━━━━━ Entries provided ━━━━━

-- ===== src/Chat/Order.antt =====
-- The order of the rows: `std::stable_sort` and `std::upper_bound` of the standard library as
-- src/core/chatmessagemodel.cpp calls them, by timestamp.
pub mod Bound
use mathlib.Core.List.{Perm}
use mathlib.Core.List.Perm
use neo_nect_desktop.Base.{
  ℕ, zero, suc, ◌+◌, ◌-◌, ◌/◌, ◌≤◌, ◌<◌, Bool, true, false, List, [], ◌∷◌, ◌++◌, map, Option, none,
  some, ◌≡◌, ◌↔◌, refl, ℤ, ltb_ℤ, ◌≤ℤ◌, if◌then◌else◌, length, get_elem?, take, drop, arith, All,
  Bool-cases, Option-cases, inl, inr, ◌==◌, subst, sym,
}
use neo_nect_desktop.Base.Text.{String}
use neo_nect_desktop.Chat.Item.{MessageItem}
use neo_nect_desktop.Chat.Blocks.{recalculate_from, recalculate_blocks}

-- The comparison that the calls pass.
abbrev pub earlier : MessageItem → MessageItem → Bool
earlier a b = ltb_ℤ a.timestamp b.timestamp

-- std::stable_sort: the only stable order. A row is put before all that are not earlier.
insert_stable : MessageItem → List MessageItem → List MessageItem
insert_stable x [] = x ∷ []
insert_stable x (y ∷ ys) = if earlier y x then y ∷ insert_stable x ys else x ∷ y ∷ ys

unfoldable pub stable_sort : List MessageItem → List MessageItem
unfolding insert_stable
stable_sort [] = []
stable_sort (x ∷ xs) = insert_stable x (stable_sort xs)

-- std::upper_bound: the halving loop over `count` rows from `first`, on fuel.
unfoldable pub upper_bound_loop : ℕ → MessageItem → List MessageItem → ℕ → ℕ → ℕ
upper_bound_loop zero x xs first count = first
upper_bound_loop (suc fuel) x xs first count = elim (count == 0) [
  | true ↦ first
  | false ↦ elim (get_elem? xs (first + count / 2)) [
    | none ↦ first
    | some y ↦ elim (earlier x y) [
      | true ↦ upper_bound_loop fuel x xs first (count / 2)
      | false ↦ upper_bound_loop fuel x xs (first + count / 2 + 1) (count - (count / 2 + 1))
    ]
  ]
]

unfoldable pub upper_bound : MessageItem → List MessageItem → ℕ
unfolding upper_bound_loop
upper_bound x xs = upper_bound_loop (length xs) x xs 0 (length xs)

-- items.insert(begin + i, x)
unfoldable pub insert_at : ℕ → MessageItem → List MessageItem → List MessageItem
insert_at i x xs = take i xs ++ x ∷ drop i xs

abbrev pub timestamps : List MessageItem → List ℤ
timestamps = map (λ x. x.timestamp)

abbrev pub ids : List MessageItem → List String
ids = map (λ x. x.id)

abbrev pub Ascending : List ℤ → Type 0
Ascending [] = Unit {0}
Ascending (t ∷ ts) = All (λ u. t ≤ℤ u) ts × Ascending ts

-- No row is earlier than one before it.
abbrev pub IsSorted : List MessageItem → Type 0
IsSorted xs = Ascending (timestamps xs)

pub All-le_trans : (a b : ℤ) (ts : List ℤ) → a ≤ℤ b → All (λ u. b ≤ℤ u) ts → All (λ u. a ≤ℤ u) ts
All-le_trans a b [] h k = tt
All-le_trans a b (t ∷ ts) h k = (omega arith, All-le_trans a b ts h k.1)

All-insert_stable :
    (a : ℤ) (x : MessageItem) (xs : List MessageItem)
    → a ≤ℤ x.timestamp
    → All (λ u. a ≤ℤ u) (timestamps xs)
    → All (λ u. a ≤ℤ u) (timestamps (insert_stable x xs))
unfolding insert_stable
All-insert_stable a x [] h k = (h, tt)
All-insert_stable a x (y ∷ ys) h k = ground (arith, All-insert_stable a x ys h k.1)

insert_stable-IsSorted :
    (x : MessageItem) (xs : List MessageItem) → IsSorted xs → IsSorted (insert_stable x xs)
unfolding insert_stable
insert_stable-IsSorted x [] s = (tt, tt)
insert_stable-IsSorted x (y ∷ ys) s = elim (Bool-cases (earlier y x)) [
  | inl before ↦
      rw before
        (All-insert_stable y.timestamp x ys (ground arith) s.0, insert_stable-IsSorted x ys s.1)
  | inr after ↦
      let le : x.timestamp ≤ℤ y.timestamp = ground arith in
      rw after ((le, All-le_trans x.timestamp y.timestamp (timestamps ys) le s.0), s)
]

pub stable_sort-IsSorted : (xs : List MessageItem) → IsSorted (stable_sort xs)
unfolding stable_sort
stable_sort-IsSorted [] = tt
stable_sort-IsSorted (x ∷ xs) = insert_stable-IsSorted x (stable_sort xs) (stable_sort-IsSorted xs)

insert_stable-perm : (x : MessageItem) (xs : List MessageItem) → Perm (insert_stable x xs) (x ∷ xs)
unfolding insert_stable
insert_stable-perm x [] = Perm.refl (x ∷ [])
insert_stable-perm x (y ∷ ys) = elim (Bool-cases (earlier y x)) [
  | inl before ↦ rw before (Perm.trans (Perm.cons y (insert_stable-perm x ys)) (Perm.swap x y ys))
  | inr after ↦ rw after (Perm.refl (x ∷ y ∷ ys))
]

pub stable_sort-perm : (xs : List MessageItem) → Perm (stable_sort xs) xs
unfolding stable_sort
stable_sort-perm [] = Perm.nil
stable_sort-perm (x ∷ xs) =
    Perm.trans (insert_stable-perm x (stable_sort xs)) (Perm.cons x (stable_sort-perm xs))

recalculate_from-timestamps :
    (p : Option MessageItem) (xs : List MessageItem)
    → timestamps (recalculate_from p xs) ≡ timestamps xs
unfolding recalculate_from
recalculate_from-timestamps p [] = refl
recalculate_from-timestamps p (x ∷ xs) = rw (recalculate_from-timestamps (some x) xs)

pub recalculate_blocks-IsSorted :
    (xs : List MessageItem) → IsSorted xs → IsSorted (recalculate_blocks xs)
unfolding recalculate_blocks
recalculate_blocks-IsSorted xs s = subst Ascending (sym (recalculate_from-timestamps none xs)) s

recalculate_from-ids :
    (p : Option MessageItem) (xs : List MessageItem) → ids (recalculate_from p xs) ≡ ids xs
unfolding recalculate_from
recalculate_from-ids p [] = refl
recalculate_from-ids p (x ∷ xs) = rw (recalculate_from-ids (some x) xs)

pub recalculate_blocks-ids : (xs : List MessageItem) → ids (recalculate_blocks xs) ≡ ids xs
unfolding recalculate_blocks
recalculate_blocks-ids = recalculate_from-ids none
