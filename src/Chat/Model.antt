-- ===== src/Chat/Model.antt =====
-- The state of src/core/chatmessagemodel.cpp, its roles, and the signals that it emits. A signal is
-- kept with the rows that a view reads when it is called.
use neo_nect_desktop.Base.{
  ℕ, suc, Bool, List, [], ◌∷◌, Option, none, some, if◌then◌else◌, get_elem?, modify,
}
use neo_nect_desktop.Base.Text.{String, ◌==◌}
use neo_nect_desktop.Qt.{Variant, VariantMap, flag, int, real, list, invalid}
use neo_nect_desktop.Chat.Item.{MessageItem}

pub data Role : Type 0 where
  text from_me sender_name sender_avatar first_in_block last_in_block first_unread message_id : Role
  message_type media_url file_name file_size duration waveform status error_text timestamp : Role
  transfer_progress transfer_bytes : Role

pub data Signal : Type 0 where
  begin_insert_rows end_insert_rows begin_remove_rows end_remove_rows : ℕ → ℕ → Signal
  begin_reset_model end_reset_model : Signal
  data_changed : ℕ → ℕ → List Role → Signal
  count_changed can_fetch_more_changed is_loading_more_changed : Signal

pub record Event : Type 0 where
  pub signal : Signal
  pub rows : List MessageItem

-- `trace` holds the signals emitted so far, the last one first.
pub record ChatMessageModel : Type 0 where
  pub items : List MessageItem
  pub active_conversation_id : String
  pub can_fetch_more : Bool
  pub is_loading_more : Bool
  pub trace : List Event

abbrev pub emit : Signal → ChatMessageModel → ChatMessageModel
emit s m = record m { trace = record { signal = s; rows = m.items } ∷ m.trace }

-- The first row with an id.
unfoldable pub find_from : ℕ → String → List MessageItem → Option ℕ
find_from i id [] = none
find_from i id (x ∷ xs) = if x.id == id then some i else find_from (suc i) id xs

abbrev pub find_row : String → ChatMessageModel → Option ℕ
find_row id m = find_from 0 id m.items

-- m_items[i] changed in place, and dataChanged(i, i, roles).
abbrev pub change_row :
    ℕ → (MessageItem → MessageItem) → List Role → ChatMessageModel → ChatMessageModel
change_row i f roles m = emit (data_changed i i roles) (record m { items = modify i f m.items })

-- A loop over the rows from the i-th one, `rest`: the rows of which `test` holds are changed in place.
unfoldable pub change_rows :
    (ℕ → MessageItem → Bool)
    → (ℕ → MessageItem → MessageItem)
    → List Role
    → ℕ
    → List MessageItem
    → ChatMessageModel
    → ChatMessageModel
change_rows test f roles i [] m = m
change_rows test f roles i (x ∷ rest) m =
    change_rows test f roles (suc i) rest (if test i x then change_row i (f i) roles m else m)

-- data(index, role)
unfoldable pub role_of : Role → MessageItem → Variant
role_of Role.text x = Variant.text x.text
role_of from_me x = flag x.from_me
role_of sender_name x = Variant.text x.sender_name
role_of sender_avatar x = Variant.text x.sender_avatar
role_of first_in_block x = flag x.is_first_in_block
role_of last_in_block x = flag x.is_last_in_block
role_of first_unread x = flag x.is_first_unread
role_of message_id x = Variant.text x.id
role_of message_type x = Variant.text x.message_type
role_of media_url x = Variant.text x.media_url
role_of file_name x = Variant.text x.file_name
role_of file_size x = int x.file_size
role_of duration x = int x.duration
role_of waveform x = list x.waveform
role_of status x = Variant.text x.status
role_of error_text x = Variant.text x.error_text
role_of timestamp x = int x.timestamp
role_of transfer_progress x = real x.transfer_progress
role_of transfer_bytes x = int x.transfer_bytes

unfoldable pub data_of : ℕ → Role → ChatMessageModel → Variant
unfolding role_of
data_of i role m = elim (get_elem? m.items i) [ none ↦ invalid | some x ↦ role_of role x ]

message_map : MessageItem → VariantMap
message_map x =
    ("messageId", Variant.text x.id)
    ∷ ("text", Variant.text x.text)
    ∷ ("fromMe", flag x.from_me)
    ∷ ("senderName", Variant.text x.sender_name)
    ∷ ("senderAvatar", Variant.text x.sender_avatar)
    ∷ ("messageType", Variant.text x.message_type)
    ∷ ("mediaUrl", Variant.text x.media_url)
    ∷ ("fileName", Variant.text x.file_name)
    ∷ ("fileSize", int x.file_size)
    ∷ ("duration", int x.duration)
    ∷ ("waveform", list x.waveform)
    ∷ ("status", Variant.text x.status)
    ∷ ("errorText", Variant.text x.error_text)
    ∷ ("timestamp", int x.timestamp)
    ∷ []

message_of : String → List MessageItem → VariantMap
message_of id [] = []
message_of id (x ∷ xs) = if x.id == id then message_map x else message_of id xs

unfoldable pub get_message_by_id : String → ChatMessageModel → VariantMap
unfolding message_of message_map
get_message_by_id id m = message_of id m.items
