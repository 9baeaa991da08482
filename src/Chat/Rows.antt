-- ===== src/Chat/Rows.antt =====
-- The invokable operations of src/core/chatmessagemodel.cpp on the rows.
use neo_nect_desktop.Base.{
  ℕ, suc, ◌-◌, Bool, true, false, ◌&&◌, ◌||◌, not, List, [], ◌∷◌, ◌++◌, none, some, ℤ, pos, ltb_ℤ,
  leb_ℤ, eqb_ℤ, if◌then◌else◌, length, take, drop,
}
use neo_nect_desktop.Base.Text.{String, ◌==◌, is_empty}
use neo_nect_desktop.Qt.{Qt, Qreal, Variant, VariantMap, value, value_or, contains}
use neo_nect_desktop.Chat.Item.{
  MessageItem, no_progress, resolve_type, resolve_error, row_timestamp,
}
use neo_nect_desktop.Chat.Blocks.{recalculate_blocks}
use neo_nect_desktop.Chat.Model.{
  Role, begin_insert_rows, end_insert_rows, begin_remove_rows, end_remove_rows, begin_reset_model,
  end_reset_model, data_changed, count_changed, can_fetch_more_changed, is_loading_more_changed,
  ChatMessageModel, emit, find_row, change_row, change_rows,
}

-- The arguments of insertMessage after its first, in its order.
pub record NewMessage : Type 0 where
  pub text : String
  pub from_me : Bool
  pub sender_name : String
  pub sender_avatar : String
  pub message_type : String
  pub media_url : String
  pub file_name : String
  pub file_size : ℤ
  pub duration : ℤ
  pub waveform : List ℤ
  pub status : String
  pub id : String
  pub timestamp : ℤ
  pub error_text : String

-- m_items.back() is by the same sender.
unfoldable pub continues : Bool → String → List MessageItem → Bool
continues from_me sender [] = false
continues from_me sender (x ∷ []) =
    (not x.from_me || from_me) && (x.from_me || not from_me) && x.sender_name == sender
continues from_me sender (x ∷ y ∷ ys) = continues from_me sender (y ∷ ys)

module _ (q : Qt) where
  -- The row of insertMessage; `uuid` is the id that QUuid gives, and `now` the clock.
  unfoldable pub new_row : String → ℤ → Bool → NewMessage → MessageItem
  unfolding resolve_type row_timestamp
  new_row uuid now is_first a =
      let resolved = resolve_type q a.message_type a.media_url a.file_name in
      let type = if is_empty resolved then "text" else resolved in
      record {
        id = if is_empty a.id then uuid else a.id;
        text = a.text;
        from_me = a.from_me;
        sender_name = a.sender_name;
        sender_avatar = a.sender_avatar;
        message_type = type;
        media_url = a.media_url;
        file_name = a.file_name;
        file_size = a.file_size;
        duration = a.duration;
        waveform = a.waveform;
        status = if is_empty a.status then "sent" else a.status;
        error_text = resolve_error q a.error_text type a.media_url a.file_name;
        timestamp = row_timestamp now a.timestamp;
        is_first_in_block = is_first;
        is_last_in_block = true;
        is_first_unread = false;
        transfer_progress = no_progress;
        transfer_bytes = pos 0;
      }

  -- The block of the last row goes on.
  unfoldable pub continue_block : Bool → ChatMessageModel → ChatMessageModel
  continue_block same m =
      if same
      then change_row (length m.items - 1) (λ x. record x { is_last_in_block = false })
          (Role.last_in_block ∷ []) m
      else m

  unfoldable pub insert_message : String → ℤ → NewMessage → ChatMessageModel → ChatMessageModel
  unfolding continues continue_block
  insert_message uuid now a m =
      let i = length m.items in
      let same = continues a.from_me a.sender_name m.items in
      let m = continue_block same (emit (begin_insert_rows i i) m) in
      let m = record m { items = m.items ++ new_row uuid now (not same) a ∷ [] } in
      emit count_changed (emit (end_insert_rows i i) m)

  unfoldable pub insert_outgoing_message : String → ℤ → String → ChatMessageModel → ChatMessageModel
  unfolding insert_message
  insert_outgoing_message uuid now text m =
      if is_empty (q.trimmed text)
      then m
      else insert_message uuid now
          (record {
            text = q.trimmed text;
            from_me = true;
            sender_name = "Me";
            sender_avatar = "";
            message_type = "text";
            media_url = "";
            file_name = "";
            file_size = pos 0;
            duration = pos 0;
            waveform = [];
            status = "sent";
            id = "";
            timestamp = pos 0;
            error_text = "";
          })
          m

  unfoldable pub item_of_map : VariantMap → NewMessage
  unfolding resolve_type resolve_error
  item_of_map map =
      let from_me = q.to_bool (value_or (Variant.flag false) "fromMe" map) in
      let media_url = q.to_string (value_or (Variant.text "") "mediaUrl" map) in
      let file_name = q.to_string (value_or (Variant.text "") "fileName" map) in
      let given_type =
        if contains "messageType" map
        then q.to_string (value "messageType" map)
        else q.to_string (value_or (Variant.text "text") "type" map) in
      let type = resolve_type q given_type media_url file_name in
      record {
        text = q.to_string (value "text" map);
        from_me = from_me;
        sender_name =
            q.to_string
              (value_or (Variant.text (if from_me then "Me" else "Anonymous")) "senderName" map);
        sender_avatar = q.to_string (value_or (Variant.text "") "senderAvatar" map);
        message_type = type;
        media_url = media_url;
        file_name = file_name;
        file_size = q.to_integer (value_or (Variant.int (pos 0)) "fileSize" map);
        duration = q.to_int (value_or (Variant.int (pos 0)) "duration" map);
        waveform = q.to_list (value "waveform" map);
        status = q.to_string (value_or (Variant.text "sent") "status" map);
        id =
            if contains "messageId" map && not (is_empty (q.to_string (value "messageId" map)))
            then q.to_string (value "messageId" map)
            else q.to_string (value "id" map);
        timestamp = q.to_integer (value_or (Variant.int (pos 0)) "timestamp" map);
        error_text =
            resolve_error q (q.to_string (value_or (Variant.text "") "errorText" map)) type
              media_url file_name;
      }

  unfoldable pub insert_message_item : String → ℤ → VariantMap → ChatMessageModel → ChatMessageModel
  unfolding item_of_map insert_message
  insert_message_item uuid now map = insert_message uuid now (item_of_map map)

-- The assignments of updateMessageStatus and onMessageUpdated.
abbrev pub set_status : String → String → MessageItem → MessageItem
set_status status error_text x = record x { status = status; error_text = error_text }

unfoldable pub update_message_status :
    String → String → String → ChatMessageModel → ChatMessageModel
update_message_status id status error_text m = if is_empty id then m else elim (find_row id m) [
  | none ↦ m
  | some i ↦ change_row i (set_status status error_text) (Role.status ∷ Role.error_text ∷ []) m
]

abbrev pub all_marks : List Role
all_marks = Role.first_in_block ∷ Role.last_in_block ∷ []

-- dataChanged for all the rows, if there are any.
abbrev pub emit_marks : ChatMessageModel → ChatMessageModel
emit_marks m = elim m.items [
  | [] ↦ m
  | x ∷ xs ↦ emit (data_changed 0 (length m.items - 1) all_marks) m
]

abbrev pub remove_row : ℕ → ChatMessageModel → ChatMessageModel
remove_row i m =
    let m = emit (begin_remove_rows i i) m in
    let m = record m { items = take i m.items ++ drop (suc i) m.items } in
    let m = emit (end_remove_rows i i) m in
    let m = record m { items = recalculate_blocks m.items } in emit count_changed (emit_marks m)

unfoldable pub remove_message : String → ChatMessageModel → ChatMessageModel
remove_message id m =
    if is_empty id then m else elim (find_row id m) [ none ↦ m | some i ↦ remove_row i m ]

unfoldable pub add_message : MessageItem → ChatMessageModel → ChatMessageModel
add_message x m =
    let i = length m.items in
    let m = emit (begin_insert_rows i i) m in
    let m = record m { items = m.items ++ x ∷ [] } in
    emit count_changed (emit (end_insert_rows i i) m)

unfoldable pub clear_active_viewport_store : ChatMessageModel → ChatMessageModel
clear_active_viewport_store m =
    let m = emit begin_reset_model m in
    let m = record m { items = []; can_fetch_more = false; is_loading_more = false } in
    emit count_changed
      (emit is_loading_more_changed (emit can_fetch_more_changed (emit end_reset_model m)))

unfoldable pub oldest_timestamp : ChatMessageModel → ℤ
oldest_timestamp m = elim m.items [ [] ↦ pos 0 | x ∷ xs ↦ x.timestamp ]

abbrev pub unread_role : List Role
unread_role = Role.first_unread ∷ []

abbrev pub set_unread : Bool → MessageItem → MessageItem
set_unread b x = record x { is_first_unread = b }

unfoldable pub clear_first_unread : ChatMessageModel → ChatMessageModel
unfolding change_rows
clear_first_unread m =
    change_rows (λ i x. x.is_first_unread) (λ i. set_unread false) unread_role 0 m.items m

-- Some row is the first unread one.
unfoldable pub any_unread : List MessageItem → Bool
any_unread [] = false
any_unread (x ∷ xs) = x.is_first_unread || any_unread xs

unfoldable pub set_first_unread_message_id : String → ChatMessageModel → ChatMessageModel
set_first_unread_message_id id m =
    if is_empty id
    then clear_first_unread m
    else if any_unread m.items
    then m
    else elim (find_row id m) [ none ↦ m | some i ↦ change_row i (set_unread true) unread_role m ]

abbrev pub is_unread_row : ℤ → ℕ → Bool
is_unread_row index i = eqb_ℤ (pos i) index

abbrev pub differs : Bool → Bool → Bool
differs a b = if a then not b else b

unfoldable pub set_first_unread_index : ℤ → ChatMessageModel → ChatMessageModel
unfolding change_rows
set_first_unread_index index m =
    change_rows (λ i x. differs x.is_first_unread (is_unread_row index i))
      (λ i. set_unread (is_unread_row index i)) unread_role 0 m.items m

-- Whether the total corrects the size of the file.
abbrev pub corrects_size : ℤ → MessageItem → Bool
corrects_size total x =
    ltb_ℤ (pos 0) total && (leb_ℤ x.file_size (pos 0) || not (eqb_ℤ x.file_size total))

-- The first row with the id, and its number.
unfoldable pub update_transfer_from :
    Qreal → ℤ → ℤ → String → ℕ → List MessageItem → ChatMessageModel → ChatMessageModel
update_transfer_from progress bytes total id i [] m = m
update_transfer_from progress bytes total id i (x ∷ xs) m =
    let rest = update_transfer_from progress bytes total id (suc i) xs m in
    if x.id == id
    then if corrects_size total x
      then change_row i
          (λ y. record y {
            transfer_progress = progress;
            transfer_bytes = bytes;
            file_size = total;
          })
          (Role.transfer_progress ∷ Role.transfer_bytes ∷ Role.file_size ∷ []) m
      else change_row i (λ y. record y { transfer_progress = progress; transfer_bytes = bytes })
          (Role.transfer_progress ∷ Role.transfer_bytes ∷ []) m
    else rest

unfoldable pub update_transfer_progress :
    String → Qreal → ℤ → ℤ → ChatMessageModel → ChatMessageModel
unfolding update_transfer_from
update_transfer_progress id progress bytes total m =
    if is_empty id then m else update_transfer_from progress bytes total id 0 m.items m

━━━━━

Your instructions:
Please go line by line through the records above, copying each one that holds the string "antt".

Result of this exercise:
-- ===== src/Chat/Order.antt =====
filename src/Chat/Model.antt
-- ===== src/Chat/Model.antt =====
filename src/Chat/Rows.antt
-- ===== src/Chat/Rows.antt =====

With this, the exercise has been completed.